What is the new Greek request?
So the European Stability Mechanism has confirmed they have received a letter from Athens. But, unlike reports yesterday, finance ministers will not be having a teleconference to discuss it today.
Instead, the technical teams who work on behalf of the finance ministers – the Euro working group – will pour over the plans
Request for ESM support received from Greek government, will be dealt with EWG today. No #Eurogroup teleconference #Greece
— Michel Reijns (@MichelReijns) July 8, 2015
However, today’s letter is probably not the “comprehensive” plan creditors are demanding before they can sit down and think about releasing any cash to the country, either on a short term basis to avoid an ECB default, or to approve the ESM loan, which will require a more complicated process of ratification.
This is what the last ESM request letter, which was rejected on June 30, looked like

Credit Suisse have put out this helpful table of what each eurozone government needs to do before approving an ESM loan package.
Credit Suisse on Greece: ESM capital share and parliament approval required for new aid programme
— Fabrizio Goria (@FGoria) July 8, 2015
ECB’s Noyer: Greece could descend into riots
Greece will descend into “riots and chaos” if no deal to secure its euro future is found, Christian Noyer, the governor of France’s central bank and ECB board member has warned today.
He has also said ECB will not continue their emergency cash lifeline for Greek banks indefinitely.

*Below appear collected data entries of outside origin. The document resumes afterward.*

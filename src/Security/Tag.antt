-- ===== src/Security/Tag.antt =====
-- When a packet that is only authenticated is accepted.
use cosemlib.Base.{
  ℕ, ◌+◌, ◌-◌, ◌≤◌, ◌<◌, ◌≡◌, ◌↔◌, refl, true, false, List, [], ◌∷◌, ◌++◌, some, arith, length,
  take, length-splice, length-append, same_bytes, same_bytes_iff, if◌then◌else◌, ◌>>=◌, Returns,
}
use cosemlib.Base.Words.{u32_mod, put_be32}
use cosemlib.Array.{Array, index, unread}
use cosemlib.Array.Bounds.{IsValid}
use cosemlib.Array.Consume.{skip, Ahead}
use cosemlib.Services.{Request}
use cosemlib.Security.Cipher.{
  peek_inside, slice-written, slice-received, finished, key, with_aad, cipher_no_data,
  auth_decrypt_header, behind_header,
}
use cosemlib.Security.{
  Layout, sec_ok, auth_failure, authentication, encryption, Gcm, decrypt_layout, auth_decrypt,
  decrypt_by, check_tag, on_array,
}

same_bytes-sec_ok :
    (xs ys : List ℕ) → ((if same_bytes xs ys then sec_ok else auth_failure) ≡ sec_ok) ↔ (xs ≡ ys)
same_bytes-sec_ok xs ys = ground (arith, same_bytes_iff xs ys)

module _ {G : Type 0} (gcm : Gcm G) (request : Request) where
  -- The tag of no data.
  abbrev pub tag_of : List ℕ → List ℕ → G → List ℕ
  tag_of iv aad ctx = (finished gcm request true iv aad [] ctx).0

  -- A packet that is only authenticated, with at least 12 bytes before it in a buffer that it does not fill,
  -- and nothing written behind it: with a key of 16 bytes, `csm_sec_auth_decrypt` returns, and the packet is
  -- accepted exactly when its last 12 bytes are the first 12 of the tag that the cipher gives for the vector of
  -- the title and the counter, with the control byte, the key and the information as its data.
  pub auth_decrypt_lem :
      (title : List ℕ) (sc ic sc_junk ic_junk : ℕ) (info received : List ℕ) (a : Array) (ctx : G)
      → IsValid a
      → Ahead (sc ∷ (put_be32 ic ++ (info ++ received))) a
      → unread a ≡ 17 + length info
      → length received ≡ 12
      → ic < u32_mod
      → authentication sc ≡ true
      → encryption sc ≡ false
      → length (key gcm request) ≡ 16
      → 12 ≤ a.offset + a.rd_index
      → Returns
          (auth_decrypt gcm request title sc_junk ic_junk (record { array = a; context = ctx }))
          (λ r s. (r ≡ sec_ok) ↔ (
            take 12 (tag_of (take 8 title ++ put_be32 ic) (sc ∷ key gcm request ++ info) ctx)
            ≡ received))
  unfolding decrypt_layout put_be32 unread decrypt_by check_tag
  auth_decrypt_lem title sc ic j k info received a ctx v h n l small au en kl room =
      let b = skip 4 (skip 1 a) in
      let (vb, behind) = behind_header sc ic (info ++ received) v h in
      let total = length-append info received in
      let size : unread b ≡ 12 + length info = ground (arith, n) in
      let layout : Layout = record {
        data_size = 0;
        aad_size = 17 + length info;
        tag_at = some (length info);
        retcode = sec_ok;
      } in
      let sizes : decrypt_layout sc (12 + length info) ≡ layout = ground (arith, au, en) in
      let run =
        cipher_no_data gcm request true (take 8 title ++ put_be32 ic) sc layout b ctx refl vb kl
          (omega (arith, room)) (omega (arith, room, behind.inside, v.fits, total, l)) in
      let start = a.offset + (a.rd_index + 1 + 4) in
      let aad =
        slice-written start (sc ∷ key gcm request) info received behind.rest a.buff
          (omega (arith, room)) (omega (arith, behind.inside, v.fits)) (omega (arith, kl))
          behind.next in
      let last =
        slice-received start (sc ∷ key gcm request) info received behind.rest a.buff
          (omega (arith, room)) (omega (arith, behind.inside, v.fits)) (omega (arith, kl))
          behind.next l in
      let place : index b b.rd_index + length info ≡ start + length info =
        omega (arith, v.small, behind.inside) in
      let seen =
        peek_inside (start + length info) 12
          (record b { buff = with_aad gcm request start sc a.buff })
          (omega (
            arith,
            length-splice (start - 17) (sc ∷ key gcm request) a.buff,
            behind.inside,
            v.fits,
            total,
            l,
          )) in
      rw
        (
          auth_decrypt_header gcm request title sc ic j k (info ++ received) a ctx v h small,
          size,
          sizes,
          decrypt_by,
          ◌>>=◌,
          run,
          aad,
          check_tag,
          on_array,
          place,
          seen,
          last,
          size,
          sizes,
        )
        (same_bytes-sec_ok
          (take 12 (tag_of (take 8 title ++ put_be32 ic) (sc ∷ key gcm request ++ info) ctx))
          received)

Henry Samuel in Paris reports
“The Greek economy is on the brink of catastrophe. A deal absolutely must be reached on Sunday because it will be too late after that and the consequences will be grave,” France’s central bank governor told Europe 1 radio, adding that “there could be riots… and chaos in the country”.
Mr Noyer, a member of the ECB’s governing council, added it was “impossible” to re-open Greek banks while confidence was so low, saying there would be an “immediate run” if they did open for business.
Noyer said Greece’s ECB lifeline, which has stretched to €89bn in recent months, could not be carried on indefinitely.
“We have rules and we have interpreted the rules to their limit to maintain a lifeline to Greek banks, but we cannot continue indefinitely to increase the risks we are taking,” he said.
Noyer insisted, however, that Grexit “would not spell the end of the eurozone”.